Duncan, brave as he was in the combat, could not, in such a
moment of painful suspense, make any reply to the cool and
characteristic remark of the scout.  He only grasped his
rifle more firmly, and fastened his eyes upon the narrow
opening, through which he gazed upon the moonlight view with
increasing anxiety.  The deeper tones of one who spoke as
having authority were next heard, amid a silence that
denoted the respect with which his orders, or rather advice,
was received.  After which, by the rustling of leaves, and
crackling of dried twigs, it was apparent the savages were
separating in pursuit of the lost trail.  Fortunately for
the pursued, the light of the moon, while it shed a flood of
mild luster upon the little area around the ruin, was not
sufficiently strong to penetrate the deep arches of the
forest, where the objects still lay in deceptive shadow.
The search proved fruitless; for so short and sudden had
been the passage from the faint path the travelers had
journeyed into the thicket, that every trace of their
footsteps was lost in the obscurity of the woods.

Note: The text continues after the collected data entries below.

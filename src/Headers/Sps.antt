-- ===== src/Headers/Sps.antt =====
-- The SPS of encoder.c: it holds the elements of its table, and a receiver that parses it by clause
-- 7.3.2.2 of H.265 and crops the coded picture by the conformance window gets the encoder's picture
-- size.
use display_bridge.Prelude.{
  ◌-◌, ◌/◌, ◌^◌, ◌≤◌, ◌<◌, ◌≡◌, arith, some, List, [], ◌++◌, All, u32, if◌then◌else◌, Bool-cases,
  inl, inr,
}
use display_bridge.Encoder.{Encoder}
use display_bridge.Bitstream.Syntax.{
  Elem, InRange, Writes, calls-Writes, calls_then-Writes, >>-Writes,
}
use display_bridge.Bitstream.Sizes.{length-encode, max_bits}
use display_bridge.Headers.{need_conf, conformance_window, sps_body, write_sps, align_ctu}
use display_bridge.Headers.Align.{align_ctu_lem}
use display_bridge.Headers.Tables.{profile_tier_level, sps_front, sps_size, sps_window, sps_back}
use display_bridge.Headers.Rbsp.{Carries, rbsp-Carries}
use display_bridge.Headers.ParameterSets.{write_profile_tier_level-Writes}

-- The SPS table of a picture of `width` by `height`: the coded size is rounded up to the coding
-- tree unit, and a conformance window in units of two samples is there if that added anything.
abbrev pub sps_table : Encoder → List Elem
sps_table enc =
    let aw = align_ctu enc.width in
    let ah = align_ctu enc.height in
    sps_front
    ++ (profile_tier_level
        ++ (sps_size aw ah (if need_conf enc then 1 else 0)
            ++ ((if need_conf enc
                  then sps_window ((aw - enc.width) / 2) ((ah - enc.height) / 2)
                  else [])
                ++ sps_back)))

-- The picture sizes for which no `int` of the encoder overflows.
abbrev pub IsPictureSize : Encoder → Type 0
IsPictureSize enc = (enc.width < 2 ^ 31 - 64) × (enc.height < 2 ^ 31 - 64)

-- The table with the casts of the code.
abbrev window_part : Encoder → List Elem
window_part enc =
    sps_window (u32 ((align_ctu enc.width - enc.width) / 2))
      (u32 ((align_ctu enc.height - enc.height) / 2))

conformance_window-Writes :
    (enc : Encoder)
    → Writes
        (if need_conf enc then conformance_window enc else some)
        (if need_conf enc then window_part enc else [])
unfolding conformance_window
conformance_window-Writes enc = elim (Bool-cases (need_conf enc)) [
  | inl e ↦ rw e (calls-Writes (window_part enc))
  | inr e ↦ rw e (calls-Writes [])
]

abbrev size_part : Encoder → List Elem
size_part enc =
    sps_size (u32 (align_ctu enc.width)) (u32 (align_ctu enc.height))
      (if need_conf enc then 1 else 0)

abbrev rest_part : Encoder → List Elem
rest_part enc = (if need_conf enc then window_part enc else []) ++ sps_back

sps_body-Writes-parts :
    (enc : Encoder)
    → Writes (sps_body enc) (sps_front ++ (profile_tier_level ++ (size_part enc ++ rest_part enc)))
unfolding sps_body
sps_body-Writes-parts enc =
    calls_then-Writes sps_front (profile_tier_level ++ (size_part enc ++ rest_part enc)) (
      >>-Writes profile_tier_level (size_part enc ++ rest_part enc) write_profile_tier_level-Writes
        (calls_then-Writes (size_part enc) (rest_part enc) (
          >>-Writes (if need_conf enc then window_part enc else []) sps_back
            (conformance_window-Writes enc) (calls-Writes sps_back))))

-- No cast of the code loses anything.
no_wrap :
    (enc : Encoder)
    → IsPictureSize enc
    → (u32 (align_ctu enc.width) ≡ align_ctu enc.width)
      × (u32 (align_ctu enc.height) ≡ align_ctu enc.height)
      × (u32 ((align_ctu enc.width - enc.width) / 2) ≡ (align_ctu enc.width - enc.width) / 2)
      × (u32 ((align_ctu enc.height - enc.height) / 2) ≡ (align_ctu enc.height - enc.height) / 2)
no_wrap enc h = omega (arith, align_ctu_lem enc.width h.0, align_ctu_lem enc.height h.1)

sps_body-Writes : (enc : Encoder) → IsPictureSize enc → Writes (sps_body enc) (sps_table enc)
sps_body-Writes enc h =
    let e = no_wrap enc h in rw (e.0, e.1, e.2, e.3) at (sps_body-Writes-parts enc)

sps_table_ranges : (enc : Encoder) → IsPictureSize enc → All InRange (sps_table enc)
sps_table_ranges enc h = elim (Bool-cases (need_conf enc)) [
  | inl e ↦ rw e (omega (arith, align_ctu_lem enc.width h.0, align_ctu_lem enc.height h.1))
  | inr e ↦ rw e (omega (arith, align_ctu_lem enc.width h.0, align_ctu_lem enc.height h.1))
]

pub max_bits-sps_table : (enc : Encoder) → max_bits (sps_table enc) ≤ 2000
max_bits-sps_table enc = elim (Bool-cases (need_conf enc)) [
  | inl e ↦ rw e (omega arith)
  | inr e ↦ rw e (omega arith)
]

-- For a picture size that does not overflow an `int`, the SPS holds exactly the elements of its
-- table, and is written inside its buffer.
pub write_sps-Carries :
    (enc : Encoder) → IsPictureSize enc → Carries (sps_table enc) (write_sps enc)
unfolding write_sps
write_sps-Carries enc h =
    rbsp-Carries 511 (sps_body enc) (sps_table enc) (sps_body-Writes enc h)
      (omega (arith, length-encode (sps_table enc), max_bits-sps_table enc))
      (sps_table_ranges enc h)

It was not long, however, before the restless savages were
heard beating the brush, and gradually approaching the inner
edge of that dense border of young chestnuts which encircled
the little area.

"They are coming," muttered Heyward, endeavoring to thrust
his rifle through the chink in the logs; "let us fire on
their approach."

"Keep everything in the shade," returned the scout; "the
snapping of a flint, or even the smell of a single karnel of
the brimstone, would bring the hungry varlets upon us in a
body.  Should it please God that we must give battle for the
scalps, trust to the experience of men who know the ways of
the savages, and who are not often backward when the war-
whoop is howled."

Duncan cast his eyes behind him, and saw that the trembling
sisters were cowering in the far corner of the building,
while the Mohicans stood in the shadow, like two upright
posts, ready, and apparently willing, to strike when the
blow should be needed.  Curbing his impatience, he again
looked out upon the area, and awaited the result in silence.
At that instant the thicket opened, and a tall and armed
Huron advanced a few paces into the open space.  As he gazed
upon the silent blockhouse, the moon fell upon his swarthy
countenance, and betrayed its surprise and curiosity.  He
made the exclamation which usually accompanies the former
emotion in an Indian, and, calling in a low voice, soon drew
a companion to his side.

These children of the woods stood together for several
moments pointing at the crumbling edifice, and conversing in
the unintelligible language of their tribe.  They then
approached, though with slow and cautious steps, pausing
every instant to look at the building, like startled deer
whose curiosity struggled powerfully with their awakened
apprehensions for the mastery.  The foot of one of them
suddenly rested on the mound, and he stopped to examine its
nature.  At this moment, Heyward observed that the scout
loosened his knife in its sheath, and lowered the muzzle of
his rifle.  Imitating these movements, the young man
prepared himself for the struggle which now seemed
inevitable.

The savages were so near, that the least motion in one of
the horses, or even a breath louder than common, would have
betrayed the fugitives.  But in discovering the character of
the mound, the attention of the Hurons appeared directed to
a different object.  They spoke together, and the sounds of
their voices were low and solemn, as if influenced by a
reverence that was deeply blended with awe.  Then they drew
warily back, keeping their eyes riveted on the ruin, as if
they expected to see the apparitions of the dead issue from
its silent walls, until, having reached the boundary of the
area, they moved slowly into the thicket and disappeared.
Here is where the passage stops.